# Is there a disinfectant that safe for the rabbits?



## JohnCaper (Sep 25, 2008)

Mine are in a colony, with a shared hutch. I can block them from entering while I clean it, but when I hose it out it runs into their run. 
- I've thought of bleach, but especially with young one running around I wasn't sure of the safety. 
- I've also read of Vanodine, which they say doesn't need rinsed, but I can't find it in the wilds of Cape Breton. Would other Iodine based products be similar? 
- As a cleaner most of the disinfectants I use are quato based, but I can also get hydrogen peroxide/ethynol based and iodaphor based - would these be safe?
- What about Creolin?
- Are any of these are better/safer than bleach or is bleach my best bet as long as I rinse it and let it dry?
Sorry for the number of questions - I finally have little ones running around everywhere and I want them to live long enough to go to the freezer.


----------



## orphy (Feb 27, 2006)

Google vanadine. You can get it all over the web. You can spray it while the rabbits are in the cage. It is the best, and it works on both natural and man made surfaces. good luck.


----------



## bbkaren (Oct 28, 2008)

Evans-Vanodine is a UK-Based company that offers lots of products--

Under their "General Livestock" menu I found these items.
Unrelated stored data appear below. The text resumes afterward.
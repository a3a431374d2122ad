-- ===== src/Tether/Flow.antt =====
-- bridges/tetheroffload/FlowParser.cpp: netlink attributes, conntrack messages and address prefixes.
-- A buffer is the list of its bytes. The numbers of the kernel's interface (`CTA_...`, `AF_...`) are
-- those of its public headers; numbers are stored the lowest byte first.
pub mod Netlink
pub mod Key
pub mod Prefix
mod Examples
use android_device_ikko_mind.Common.{
  ℕ, zero, suc, ◌+◌, ◌-◌, ◌*◌, ◌/◌, ◌%◌, ◌^◌, Bool, true, false, not, ◌&&◌, ◌||◌, Option, none,
  some, List, [], ◌∷◌, ◌++◌, ltb, leb, ◌==◌, if◌then◌else◌, length, get_or, take, drop, replicate,
  bit_and, bit_xor, load_le, from_le, to_le, from_be, ◌≡◌, refl,
}

abbrev pub Bytes : Type 0
Bytes = List ℕ

abbrev pub af_inet : ℕ
af_inet = 2

abbrev pub af_inet6 : ℕ
af_inet6 = 10

abbrev pub ipproto_tcp : ℕ
ipproto_tcp = 6

abbrev pub ipproto_udp : ℕ
ipproto_udp = 17

-- `std::map<unsigned, Value>`; a value is the bytes that its pointer and size span.
abbrev pub Attributes : Type 0
Attributes = List (ℕ × Bytes)

pub find : ℕ → Attributes → Option Bytes
find type [] = none
find type ((t, v) ∷ rest) = if t == type then some v else find type rest

is_known : Option Bytes → Bool
is_known none = false
is_known (some v) = true

-- `NLA_ALIGN`, and the bound that `nla_type & NLA_TYPE_MASK` leaves a type.
abbrev pub nla_align : ℕ → ℕ
nla_align n = (n + 3) / 4 * 4

abbrev pub nla_type_limit : ℕ
nla_type_limit = 0x4000

-- The loop `while (size)`. Each round takes at least 4 bytes, so as many rounds as bytes suffice.
attributes_loop : ℕ → Bytes → Attributes → Option Attributes
unfolding find is_known
attributes_loop rounds [] out = some out
attributes_loop zero (b ∷ bytes) out = none
attributes_loop (suc rounds) (b ∷ bytes) out =
    let data_ = b ∷ bytes in
    let size = length data_ in
    let nla_len = load_le 0 2 data_ in
    let type = load_le 2 2 data_ % nla_type_limit in
    let aligned = nla_align nla_len in
    let rest =
      attributes_loop rounds (drop aligned data_)
        ((type, take (nla_len - 4) (drop 4 data_)) ∷ out) in
    if ltb size 4
    then none
    else if ltb nla_len 4 || ltb size nla_len
    then none
    else if ltb size aligned
    then none
    else if is_known (find type out)
    then none
    else rest

pub attributes : Bytes → Option Attributes
unfolding attributes_loop
attributes bytes = attributes_loop (length bytes) bytes []

infixl 5 ◌>>=◌ ◌>>◌
abbrev ◌>>=◌ {ℓ κ} : {A : Type ℓ} {B : Type κ} → Option A → (A → Option B) → Option B
none >>= f = none
some a >>= f = f a

abbrev ◌>>◌ {ℓ} : {B : Type ℓ} → Option (Unit {0}) → Option B → Option B
m >> k = m >>= λ _. k

abbrev guard : Bool → Option (Unit {0})
guard true = some tt
guard false = none

bind-some {ℓ κ} :
    {A : Type ℓ} {B : Type κ} (m : Option A) (f : A → Option B) {b : B}
    → (m >>= f) ≡ some b
    → (a : A) × (m ≡ some a) × (f a ≡ some b)
bind-some none f h = cc
bind-some (some a) f h = (a, refl, h)

pub nested : Attributes → ℕ → Option Attributes
nested parent type = do v ← find type parent; attributes v

-- `copy` into `size` bytes: the attribute has to have exactly that size.
pub copy : Attributes → ℕ → ℕ → Option Bytes
copy a type size = do v ← find type a; guard (length v == size); some v

-- An address in the 16 bytes of `std::array`, which start as zeros.
abbrev pub widen : Bytes → Bytes
widen v = take 16 (v ++ replicate 16 0)

pub record Tuple : Type 0 where
  pub src : Bytes
  pub dst : Bytes
  pub proto : ℕ
  pub sport : ℕ
  pub dport : ℕ

pub tuple : Attributes → ℕ → ℕ → Option Tuple
unfolding nested copy
tuple a type family =
    let v4 = family == af_inet in
    let size : ℕ = if v4 then 4 else 16 in
    do
      t ← nested a type
      ip ← nested t 1
      proto ← nested t 2
      src ← copy ip (if v4 then 1 else 3) size
      dst ← copy ip (if v4 then 2 else 4) size
      protocol ← copy proto 1 1
      sport ← copy proto 2 2
      dport ← copy proto 3 2
      some (record {
        src = widen src;
        dst = widen dst;
        proto = from_le protocol;
        sport = from_le sport;
        dport = from_le dport;
      })

pub record Flow : Type 0 where
  pub family : ℕ
  pub proto : ℕ
  pub src : Bytes
  pub dst : Bytes
  pub public : Bytes  -- pub
  pub reply_src : Bytes
  pub sport : ℕ
  pub dport : ℕ
  pub public_port : ℕ
  pub reply_port : ℕ
  pub timeout : ℕ
  pub status : ℕ
  pub id : ℕ
  pub destroy : Bool
  pub mac : Bytes

-- `Flow::key`. A `static_cast<char>` keeps the low byte.
pub key : Flow → Bytes
key f = f.family % 256 ∷ f.proto % 256 ∷ (f.src ++ (f.dst ++ (to_le 2 f.sport ++ to_le 2 f.dport)))

-- What the reply half adds for a flow that is not being destroyed; `ntohl` of a loaded number reads
-- its bytes the highest first.
reply : Attributes → Flow → Option Flow
unfolding tuple copy
reply a f = if f.destroy then some f else do
  r ← tuple a 2 f.family
  guard (r.proto == f.proto)
  timeout ← copy a 7 4
  status ← copy a 3 4
  some (record f {
    reply_src = r.src;
    public = r.dst;
    reply_port = r.sport;
    public_port = r.dport;
    timeout = from_be timeout;
    status = from_be status;
  })

-- `if (a.count(CTA_ID) && !copy(...)) return false;`
flow_id : Attributes → Option Bytes → Option ℕ
unfolding copy
flow_id a none = some 0
flow_id a (some v) = do bytes ← copy a 12 4; some (from_le bytes)

-- A zone, where there is one, has to be 0.
default_zone : Attributes → Option Bytes → Option (Unit {0})
unfolding copy
default_zone a none = some tt
default_zone a (some v) = do bytes ← copy a 18 2; guard (from_le bytes == 0)

body : ℕ → Bool → Bytes → Option Flow
unfolding attributes find tuple flow_id default_zone reply
body family destroy bytes = do
  a ← attributes bytes
  t ← tuple a 1 family
  guard (t.proto == ipproto_tcp || t.proto == ipproto_udp)
  id ← flow_id a (find 12 a)
  default_zone a (find 18 a)
  reply a (record {
    family = family;
    proto = t.proto;
    src = t.src;
    dst = t.dst;
    public = replicate 16 0;
    reply_src = replicate 16 0;
    sport = t.sport;
    dport = t.dport;
    public_port = 0;
    reply_port = 0;
    timeout = 0;
    status = 0;
    id = id;
    destroy = destroy;
    mac = replicate 6 0;
  })

-- The 16 bytes of `nlmsghdr` and the 4 of `nfgenmsg` stand before the attributes.
pub parse_flow : Bytes → Option Flow
unfolding body
parse_flow buffer =
    let size = length buffer in
    let nlmsg_type = load_le 4 2 buffer in
    let command = nlmsg_type % 256 in
    let family = load_le 16 1 buffer in
    do
      guard (leb 20 size)
      guard (load_le 0 4 buffer == size && nlmsg_type / 256 == 1)
      guard (command == 0 || command == 2)
      guard ((family == af_inet || family == af_inet6) && load_le 17 1 buffer == 0)
      body family (command == 2) (drop 20 buffer)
Is one of them the one you're recommending?

Thanks!

*VANODOXÂ®*
Peracetic Acid-Based Disinfectant 
Highly effective against bacteria, viruses and fungi. 
Economical 1:300 general dilution rate. 
Ideal for use in intensive housing. 
Non-tainting, non-staining. 

*FAMÂ® 30 *
Iodophor Disinfectant 
Quickly kills bacteria, viruses and fungi. 
Active in the presence of organic matter. 
Concentrated Ministry Approved formulation. 
Cleans and disinfects in one operation. 

*GPC8&#8482;*
New Formulation Disinfectant 
Ministry Approved patented glutaraldehyde formulation. 
Highly effective against bacteria, viruses and fungi. 
Non-staining and active in the presence of organic matter. 
Prolonged residual activity.


----------



## JohnCaper (Sep 25, 2008)

Thanks for the suggestions - I'll look into ordering some in, although I'd hoped to find it locally. I'll be in Halifax in a couple of weeks - maybe someone there carries it.
For now, after reading up on it, I bought Creolin. I think it will be OK as long as the rabbits stay out while it dries. I don't think its as harmless as the Vanodine (from what I've read) but better than bleach by far.
Any other suggestions are greatly appreciated.


----------



## Terry W (Mar 10, 2006)

WHITE VINEGAR!!!! I cup per gallon of water. Safely 'disinfects' surfaces, without the hazards of chlorine. Also, as good fungicide is, believe it or not, Vanilla!!! Got that from a research article when I looked up Aspergillosis--1 tsp per gallon of water( Wildlife rehabbers NEED 'safe' disinfectants)


----------



## orphy (Feb 27, 2006)

I would think whatever one you decide will do. These should only be used as an answer to a contagion problem. Or to clean an area in between animals. I found it very useful when I had some problems. The Vanodine used to be available from Mexico. But I believe out govt. stopped that. And now some sort of watered down version is available. But I believe that will be just as effective. Good luck


----------



## bluebird2o2 (Feb 14, 2007)

I use bleach.rinse thourghly.


----------



## dcpac (Mar 29, 2009)

I got my vanodine from here http://www.barbibrownsbunnies.com/ she has lots of good of good info on her site and I love the vanodine I even use it on one of my rabbits eye that has a problem.


----------



## miraclewelsh (Sep 29, 2007)

[I got my vanodine from here http://www.barbibrownsbunnies.com/ she has lots of good of good info on her site]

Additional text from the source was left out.